Never be satisfied with some messy proof with $ \epsilon $s and sups/infs. Try to write up in transparent steps.
Hint: If $ f $ and $ g $ are bounded functions on an interval $ [a,b] $ and they differ at only a finite number of points, then take a good look at the function $ h = f-g. $ What can you say and how might that help?
Definition. A function $ h $ on an interval $ [a,b] $ will be called trivial if it is zero except possibly at a finite number of points.
Lemma 1. If $ h $ is a trivial function on an interval $ [a,b] $ then $ h $ is Riemann integrable there and $ \int_a^b h(x)\,dx =0 $.
Not hard to prove. This was step #1 and #2 in the hints above.
Lemma 2. If $ f $ and $ g $ are bounded functions on an interval $ [a,b] $ then $ \underline{\int_a^b} f(x)\,dx + \underline{\int_a^b} g(x)\,dx \leq \underline{\int_a^b} [ f(x)+g(x)]\,dx $
This is standard and should be in any text or lecture that discusses such things. Important to know anyway. Note the inequality. Not an equality.
Lemma 3. Suppose that $ f $ and $ g $ are bounded functions on an interval $ [a,b] $ and that they differ at only a finite number of points. Then $ \underline{\int_a^b} f(x)\,dx = \underline{\int_a^b} g(x)\,dx. $ A similar statement is true for the upper integrals.

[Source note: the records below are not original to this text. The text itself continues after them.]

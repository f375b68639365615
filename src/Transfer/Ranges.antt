-- ===== src/Transfer/Ranges.antt =====
-- Parts of a range of bytes.
use fcfs.Base.{
  ℕ, zero, suc, ◌+◌, ◌-◌, ◌≤◌, ◌≡◌, refl, ap, ◌∙◌, sym, inl, inr, some, List, ◌∷◌, ◌++◌, arith,
  length, take, drop, le→ltb,
}
use fcfs.Device.{bytes_at, write_bytes}
use fcfs.Device.Bytes.{length-bytes_at, bytes_at-eq, bytes_at-write_bytes, write_bytes-outside}
use fcfs.Transfer.{slice, overlay}

-- A range with its bounds written otherwise.
pub range : (g : ℕ → ℕ) {p q n k : ℕ} → p ≡ q → n ≡ k → bytes_at g p n ≡ bytes_at g q k
range g e f = λ i. bytes_at g (e i) (f i)

pub bytes_at-add :
    (g : ℕ → ℕ) (p a b : ℕ) → bytes_at g p a ++ bytes_at g (p + a) b ≡ bytes_at g p (a + b)
unfolding bytes_at
bytes_at-add g p zero b =
    range g {p = p + 0} {q = p} {n = b} {k = 0 + b} (omega arith) (omega arith)
bytes_at-add g p (suc a) b =
    ap (λ bs. g p ∷ (bytes_at g (p + 1) a ++ bs))
      (range g {p = p + suc a} {q = p + 1 + a} {n = b} (omega arith) refl)
    ∙ ap (λ bs. g p ∷ bs) (bytes_at-add g (p + 1) a b)
    ∙ range g {p = p} {n = suc (a + b)} {k = suc a + b} refl (omega arith)

pub take-bytes_at : (g : ℕ → ℕ) (p a n : ℕ) → a ≤ n → take a (bytes_at g p n) ≡ bytes_at g p a
unfolding bytes_at
take-bytes_at g p zero n h = refl
take-bytes_at g p (suc a) zero h = absurd (omega arith)
take-bytes_at g p (suc a) (suc n) h =
    ap (λ bs. g p ∷ bs) (take-bytes_at g (p + 1) a n (omega arith))

pub drop-bytes_at :
    (g : ℕ → ℕ) (p a n : ℕ) → a ≤ n → drop a (bytes_at g p n) ≡ bytes_at g (p + a) (n - a)
unfolding bytes_at
drop-bytes_at g p zero n h =
    range g {p = p} {q = p + 0} {n = n} {k = n - 0} (omega arith) (omega arith)
drop-bytes_at g p (suc a) zero h = absurd (omega arith)
drop-bytes_at g p (suc a) (suc n) h =
    drop-bytes_at g (p + 1) a n (omega arith)
    ∙ range g {p = p + 1 + a} {q = p + suc a} {n = n - a} {k = suc n - suc a} (omega arith)
        (omega arith)

-- What ops_read copies out of the blocks.
pub slice-bytes_at :
    (g : ℕ → ℕ) (p off size n : ℕ)
    → off + size ≤ n
    → slice off size (bytes_at g p n) ≡ some (bytes_at g (p + off) size)
slice-bytes_at g p off size n h =
    let long : length (bytes_at g p n) ≡ n = length-bytes_at g p n in
    rw
      (
        le→ltb (length (bytes_at g p n)) (off + size) (omega arith),
        drop-bytes_at g p off n (omega arith),
      )
      (ap some (take-bytes_at g (p + off) size (n - off) (omega arith)))

-- What ops_write makes of the blocks.
pub overlay-bytes_at :
    (g : ℕ → ℕ) (p off n : ℕ) (bytes : List ℕ)
    → off + length bytes ≤ n
    → overlay off bytes (bytes_at g p n) ≡ some (bytes_at (write_bytes g (p + off) bytes) p n)
overlay-bytes_at g p off n bytes h =
    let long : length (bytes_at g p n) ≡ n = length-bytes_at g p n in
    let g' : ℕ → ℕ = write_bytes g (p + off) bytes in
    let front : bytes_at g p off ≡ bytes_at g' p off =
      bytes_at-eq g g' p off (λ a l u. sym (write_bytes-outside g (p + off) bytes a (inl u))) in
    let rest : ℕ = n - (off + length bytes) in
    let back : bytes_at g (p + (off + length bytes)) rest
        ≡ bytes_at g' (p + (off + length bytes)) rest =
      bytes_at-eq g g' (p + (off + length bytes)) rest
        (λ a l u. sym (write_bytes-outside g (p + off) bytes a (inr (omega arith)))) in
    let join : bytes_at g' p off ++ (bytes ++ bytes_at g' (p + (off + length bytes)) rest)
        ≡ bytes_at g' p n =
      ap (λ bs. bytes_at g' p off ++ (bs ++ bytes_at g' (p + (off + length bytes)) rest))
        (sym (bytes_at-write_bytes g (p + off) bytes))
      ∙ ap (λ bs. bytes_at g' p off ++ (bytes_at g' (p + off) (length bytes) ++ bs))
          (range g' {p = p + (off + length bytes)} {q = p + off + length bytes} {n = rest}
            (omega arith) refl)
      ∙ ap (λ bs. bytes_at g' p off ++ bs) (bytes_at-add g' (p + off) (length bytes) rest)
      ∙ bytes_at-add g' p off (length bytes + rest)
      ∙ range g' {p = p} {n = off + (length bytes + rest)} {k = n} refl (omega arith) in
    rw
      (
        le→ltb (length (bytes_at g p n)) (off + length bytes) (omega arith),
        take-bytes_at g p off n (omega arith),
        drop-bytes_at g p (off + length bytes) n (omega arith),
        front,
        back,
      )
      (ap some join)
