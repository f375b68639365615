-- ===== src/Seq/ById.antt =====
-- Blocks of a file by their logical number: a write is read back, and other numbers keep their data.
use fcfs.Base.{ℕ, ◌+◌, ◌<◌, ◌≡◌, ◌≢◌, ◌⊎◌, subst, refl, Bool, some, List, arith, length}
use fcfs.Base.Monad.{ok}
use fcfs.Structs.{BlkInfo}
use fcfs.Volume.{Volume, IsCipher, lblk_sz}
use fcfs.Device.{need_crypt, at, block_pos}
use fcfs.Device.Blocks.{InVolume, Written, Holds, read_block-Holds, write_block_lem}
use fcfs.Device.Frame.{InVolume-Written, Holds-Written, filled_whole}
use fcfs.Seq.{place, read_by_id, write_by_id}

-- The list gives a logical number a block that lies on the device.
pub record Placed (v : Volume) (seq_sz : ℕ) (l : List BlkInfo) (id : ℕ) (inf : BlkInfo)
    : Type 0 where
  pub found : place seq_sz l id ≡ some (some inf)
  pub block : InVolume v inf.cid inf.bid
  pub small : inf.bid < 8

-- dev_read_by_id returns what the block of that number holds.
pub read_by_id-Holds :
    (v : Volume) (seq_sz : ℕ) (l : List BlkInfo) (id : ℕ) (inf : BlkInfo) (bs : List ℕ)
    → Placed v seq_sz l id inf
    → Holds v inf.cid inf.bid need_crypt bs
    → read_by_id id l seq_sz v ≡ ok (some bs) (at v (block_pos v inf.cid inf.bid + lblk_sz v))
unfolding read_by_id
read_by_id-Holds v seq_sz l id inf bs p h =
    rw (p.found, read_block-Holds v inf.cid inf.bid p.block need_crypt bs h)

-- A write moves no block of the list.
pub Placed-Written :
    {v w : Volume} {c b : ℕ} {flag : Bool} {cs : List ℕ} (seq_sz : ℕ) (l : List BlkInfo) (id : ℕ)
    (inf : BlkInfo)
    → Written v c b flag cs w
    → Placed v seq_sz l id inf
    → Placed w seq_sz l id inf
Placed-Written seq_sz l id inf r q = record {
  found = q.found;
  block = InVolume-Written inf.cid inf.bid r q.block;
  small = q.small;
}

-- A write of a whole block to a number, seen through the blocks.
pub write_by_id-Written :
    (v : Volume) (seq_sz : ℕ) (l : List BlkInfo) (id : ℕ) (inf : BlkInfo) (buf : List ℕ)
    → Placed v seq_sz l id inf
    → IsCipher (lblk_sz v) v.ciph
    → length buf ≡ lblk_sz v
    → (w : Volume) × (write_by_id id buf l seq_sz v ≡ ok 0 w)
      × Written v inf.cid inf.bid need_crypt buf w
unfolding write_by_id
write_by_id-Written v seq_sz l id inf buf p cipher whole =
    let (w, eq, r) =
      write_block_lem v inf.cid inf.bid p.block p.small buf (lblk_sz v) need_crypt (λ _. cipher)
        (omega arith) (omega arith) in
    (
      w,
      rw (p.found, eq) refl,
      subst (λ bs. Written v inf.cid inf.bid need_crypt bs w) (filled_whole v buf whole) r,
    )

-- dev_write_by_id of a whole block to a number that the list places on the device returns 0, and
-- afterwards dev_read_by_id returns the block for that number, and for a number that the list places
-- in another block the data which that block held before.
pub write_by_id-read_by_id :
    (v : Volume) (seq_sz : ℕ) (l : List BlkInfo) (id id' : ℕ) (inf inf' : BlkInfo) (buf bs : List ℕ)
    → Placed v seq_sz l id inf
    → IsCipher (lblk_sz v) v.ciph
    → length buf ≡ lblk_sz v
    → Placed v seq_sz l id' inf'
    → (inf'.cid ≢ inf.cid) ⊎ (inf'.bid ≢ inf.bid)
    → Holds v inf'.cid inf'.bid need_crypt bs
    → (w : Volume) × (write_by_id id buf l seq_sz v ≡ ok 0 w)
      × (read_by_id id l seq_sz w ≡ ok (some buf) (at w (block_pos w inf.cid inf.bid + lblk_sz w)))
      × (read_by_id id' l seq_sz w
          ≡ ok (some bs) (at w (block_pos w inf'.cid inf'.bid + lblk_sz w)))
write_by_id-read_by_id v seq_sz l id id' inf inf' buf bs p cipher whole p' ne h =
    let (w, eq, r) = write_by_id-Written v seq_sz l id inf buf p cipher whole in
    (
      w,
      eq,
      read_by_id-Holds w seq_sz l id inf buf (Placed-Written seq_sz l id inf r p) r.holds,
      read_by_id-Holds w seq_sz l id' inf' bs (Placed-Written seq_sz l id' inf' r p')
          (Holds-Written inf'.cid inf'.bid r p'.small ne h),
    )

Proof. Let $ h = f-g $ . Then $ h $ is trivial. Apply Lemma 1 and Lemma 2 to obtain $$ \underline{\int_a^b} g(x)\,dx = \underline{\int_a^b} g(x)\,dx + \underline{\int_a^b} h(x)\,dx $$ $$ \leq \underline{\int_a^b} [ g(x)+h(x)]\,dx = \underline{\int_a^b} f(x)\,dx .$$ Similarly $$ \underline{\int_a^b} f(x)\,dx = \underline{\int_a^b} f(x)\,dx + \underline{\int_a^b} [- h(x)]\,dx $$ $$ \leq \underline{\int_a^b} [ f(x)+[-h(x)]]\,dx = \underline{\int_a^b} g(x)\,dx. $$
QED.
Note too this usual trick. You want to prove that $ A = B $? Well show instead that $ A\leq B $ and also that $ B\leq A $. Inequalities are very often easier than equalities.